LA LUCE DI DAN E RYAN FRIEDKIN

"Il mio nome è Friedkin, Dan Friedkin”. Nell’anno della scomparsa di Sean Connery, lo 007 per antonomasia, ci piace immaginarlo così il texano dallo sguardo severo e i vestiti eleganti nel momento del suo sbarco a Trigoria. Da quel giorno, era il 9 settembre, Friedkin e suo figlio Ryan non hanno mai abbandonato la Roma. Nemmeno per un minuto, neanche per andare al bagno tanto per edulcorare un celebre verso di De Gregori. L’hanno curata, risanata, coccolata ma senza nasconderle i difetti. E ce ne sono ancora. Dan e Ryan non hanno rilasciato interviste, non hanno utilizzato quel gergo americano fatto di grandi sogni e immense promesse, non hanno parlato a sproposito.
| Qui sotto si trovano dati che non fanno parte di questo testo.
-- ===== src/Pmm/Fill/Dispatch.antt =====
-- Each fill of a range writes exactly the bytes of the range, on every tier.
use bare_metal_programming.Prelude.{
  ℕ, ◌+◌, ◌^◌, ◌≤◌, ◌<◌, ◌≡◌, inl, inr, refl, arith, ◌==◌, Bool-cases, length, max,
}
use native.Mathlib.Nat.{le_refl}
use bare_metal_programming.Pmm.Geometry.{Bitmap}
use bare_metal_programming.Pmm.Sweep.{align_down, aligned_end}
use bare_metal_programming.Pmm.Sweep.Align.{up_target, down_target}
use bare_metal_programming.Pmm.Sweep.Pointers.{
  Moves, Ready, Ready4, Ready16, Ready32, down, up_to, bytes_Moves, align_2, align_4, align_16,
  align_32, bulk_32, bulk_16, bulk_4, bulk_2,
}
use bare_metal_programming.Pmm.Fill.{
  SetBits, set_units, then_set, set_frames_32, set_frames_sse2, set_frames_avx2, set_range,
}
use bare_metal_programming.Pmm.Fill.Laws.{
  Filled, Filled-none, Filling, set_units-Filling, then_set-Filling,
}

module _ (s : SetBits) (lo end_ : ℕ) (b : Bitmap) (above : b.start ≤ lo) (ordered : lo ≤ end_)
    (below : end_ ≤ b.start + length b.cells) (room : end_ + 32 < 2 ^ 32) where
  abbrev Cursor : (ℕ → ℕ → Type 0) → Bitmap × ℕ → Type 0
  Cursor R r = (p : ℕ) × R p end_ × Filling s lo end_ b p r

  step :
      (n : ℕ) (R R' : ℕ → ℕ → Type 0) (to t : ℕ → ℕ)
      → 0 < n
      → ((p : ℕ) → R p end_ → p ≤ end_)
      → ((p : ℕ) → p ≤ end_ → (to p ≡ t p) × (t p ≤ end_))
      → ((p : ℕ) → R p end_ → Moves n p (t p) × R' (max p (t p)) end_)
      → (r : Bitmap × ℕ) → Cursor R r
      → Cursor R' (then_set s n r to)
  step n R R' to t pos inside target moves r (p, ready, f) = (
    max p (t p),
    (moves p ready).1,
    then_set-Filling s lo end_ b above below n p (t p) r to pos (target p (inside p ready)).0
        (target p (inside p ready)).1 (moves p ready).0 f,
  )

  align_4_step :
      (r : Bitmap × ℕ)
      → Cursor (Ready 2) r
      → Cursor Ready4 (then_set s 2 r (λ p. aligned_end p end_ 0x03))
  align_4_step =
      step 2 (Ready 2) Ready4 _ (λ p. up_to 4 p end_) (omega arith) (λ p i. i.0)
        (up_target end_ room 2 (omega arith)) (λ p i. align_4 p end_ i)

  align_16_step :
      (r : Bitmap × ℕ)
      → Cursor Ready4 r
      → Cursor Ready16 (then_set s 4 r (λ p. aligned_end p end_ 0x0F))
  align_16_step =
      step 4 Ready4 Ready16 _ (λ p. up_to 16 p end_) (omega arith) (λ p i. i.0.0)
        (up_target end_ room 4 (omega arith)) (λ p i. align_16 p end_ i)

  align_32_step :
      (r : Bitmap × ℕ)
      → Cursor Ready16 r
      → Cursor Ready32 (then_set s 16 r (λ p. aligned_end p end_ 0x1F))
  align_32_step =
      step 16 Ready16 Ready32 _ (λ p. up_to 32 p end_) (omega arith) (λ p i. i.0.0.0)
        (up_target end_ room 5 (omega arith)) (λ p i. align_32 p end_ i)

  bulk_32_step :
      (r : Bitmap × ℕ)
      → Cursor Ready32 r
      → Cursor Ready16 (then_set s 32 r (λ p. align_down end_ 0x1F))
  bulk_32_step =
      step 32 Ready32 Ready16 _ (λ p. down 32 end_) (omega arith) (λ p i. i.0.0.0.0)
        (down_target end_ room 5 (omega arith)) (λ p i. bulk_32 p end_ i)

  bulk_16_step :
      (r : Bitmap × ℕ)
      → Cursor Ready16 r
      → Cursor Ready16 (then_set s 16 r (λ p. align_down end_ 0x0F))
  bulk_16_step =
      step 16 Ready16 Ready16 _ (λ p. down 16 end_) (omega arith) (λ p i. i.0.0.0)
        (down_target end_ room 4 (omega arith)) (λ p i. bulk_16 p end_ i)

  bulk_4_step :
      (r : Bitmap × ℕ)
      → Cursor Ready4 r
      → Cursor Ready4 (then_set s 4 r (λ p. align_down end_ 0x03))
  bulk_4_step =
      step 4 Ready4 Ready4 _ (λ p. down 4 end_) (omega arith) (λ p i. i.0.0)
        (down_target end_ room 2 (omega arith)) (λ p i. bulk_4 p end_ i)

  finish :
      (r : Bitmap × ℕ)
      → Cursor (Ready 2) r
      → Filled s lo end_ b (then_set s 1 (then_set s 2 r (λ p. align_down end_ 0x01)) (λ p. end_)).0
  finish r start =
      let halves =
        step 2 (Ready 2) (Ready 2) _ (λ p. down 2 end_) (omega arith) (λ p i. i.0)
          (down_target end_ room 1 (omega arith)) (λ p i. bulk_2 p end_ i) r start in
      let last =
        step 1 (Ready 2) (λ p q. p ≡ q) (λ p. end_) (λ p. end_) (omega arith) (λ p i. i.0)
          (λ p i. (refl, le_refl _)) (λ p i. (bytes_Moves p end_ end_, omega arith)) _ halves in
      rw last.1 at last.2.filled

  wider : (r : Bitmap × ℕ) → Cursor Ready16 r → Cursor Ready4 r
  wider r (p, ready, f) = (p, ready.0, f)

  to_halves : (r : Bitmap × ℕ) → Cursor Ready4 r → Cursor (Ready 2) r
  to_halves r (p, ready, f) = (p, ready.0, f)

  first : Cursor (Ready 2) (set_units s 1 b lo (aligned_end lo end_ 0x01))
  first =
      let target = up_target end_ room 1 (omega arith) lo ordered in
      (
        max lo (up_to 2 lo end_),
        align_2 lo end_ ordered,
        rw target.0 (
            set_units-Filling s lo end_ b above below 1 lo (up_to 2 lo end_) (b, lo) (omega arith)
              target.1 (bytes_Moves lo end_ _)
              (record {
                at_p = refl;
                from_lo = le_refl _;
                to_end = ordered;
                filled = Filled-none s lo b;
              })),
      )

  set_frames_sse2-Filled : Filled s lo end_ b (set_frames_sse2 s b lo end_)
  unfolding set_frames_sse2
  set_frames_sse2-Filled = finish _ (
      to_halves _
        (bulk_4_step _ (wider _ (bulk_16_step _ (align_16_step _ (align_4_step _ first))))))

  set_frames_avx2-Filled : Filled s lo end_ b (set_frames_avx2 s b lo end_)
  unfolding set_frames_avx2
  set_frames_avx2-Filled = finish _ (
      to_halves _ (
        bulk_4_step _ (
          wider _ (
            bulk_16_step _
              (bulk_32_step _ (align_32_step _ (align_16_step _ (align_4_step _ first))))))))

  -- The two fills to the 4-byte boundary of the scalar tier: the second finds the cursor there.
  boundary_step :
      (r : Bitmap × ℕ)
      → Cursor (Ready 2) r
      → let temp_end = aligned_end r.1 end_ 0x03 in
        Cursor (Ready 2) (then_set s 4 (then_set s 2 r (λ p. temp_end)) (λ p. temp_end))
  boundary_step r (p, ready, f) =
      let target = up_target end_ room 2 (omega arith) p ready.0 in
      let is_t : aligned_end r.1 end_ 0x03 ≡ up_to 4 p end_ = rw f.at_p target.0 in
      let once =
        then_set-Filling s lo end_ b above below 2 p (up_to 4 p end_) r
          (λ q. aligned_end r.1 end_ 0x03) (omega arith) is_t target.1 (align_4 p end_ ready).0 f in
      (
        max (max p (up_to 4 p end_)) (up_to 4 p end_),
        omega (arith, align_4 p end_ ready),
        then_set-Filling s lo end_ b above below 4 (max p (up_to 4 p end_)) (up_to 4 p end_) _
            (λ q. aligned_end r.1 end_ 0x03) (omega arith) is_t target.1 (inl (omega arith)) once,
      )

  set_frames_32-Filled : Filled s lo end_ b (set_frames_32 s b lo end_)
  unfolding set_frames_32
  set_frames_32-Filled = finish _ (boundary_step _ first)

  -- On each tier, a fill of the bytes from `lo` up to `end`, which lie inside the bitmap and 32
  -- bytes below the end of the address space, sets each of them to the fill byte, and changes no
  -- other byte, no pointer and no length.
  pub set_range-Filled : (index : ℕ) → Filled s lo end_ b (set_range s index b lo end_)
  unfolding set_range
  set_range-Filled index = elim (Bool-cases (index == 0)) [
    | inl gpr ↦ rw gpr set_frames_32-Filled
    | inr wide ↦ elim (Bool-cases (index == 1)) [
      | inl sse ↦ rw (wide, sse) set_frames_sse2-Filled
      | inr avx ↦ rw (wide, avx) set_frames_avx2-Filled
    ]
  ]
Ma hanno ascoltato, e si sono sentiti di ridare al popolo di Roma parte delle loro mancanze. Non tutte ancora, per carità. Ma hanno mostrato empatia, dote non comune per chi non conosceva nulla o quasi di questo ambiente. Non sappiamo se faranno Grande la Roma come era ai tempi di Dino Viola o Franco Sensi. Ma di sicuro hanno fatto risentire grande il cuore di una tifoseria che ancora non li ha potuti applaudire (o contestare) di persona. Intanto hanno allontanato chi c’era da allontanare, si sono interessati personalmente di mercato e di scelte dirigenziali. Ci sarà tempo per tutto il resto, ma ora è tempo di riconsegnare alla Roma anche quel trofeo che manca da un decennio.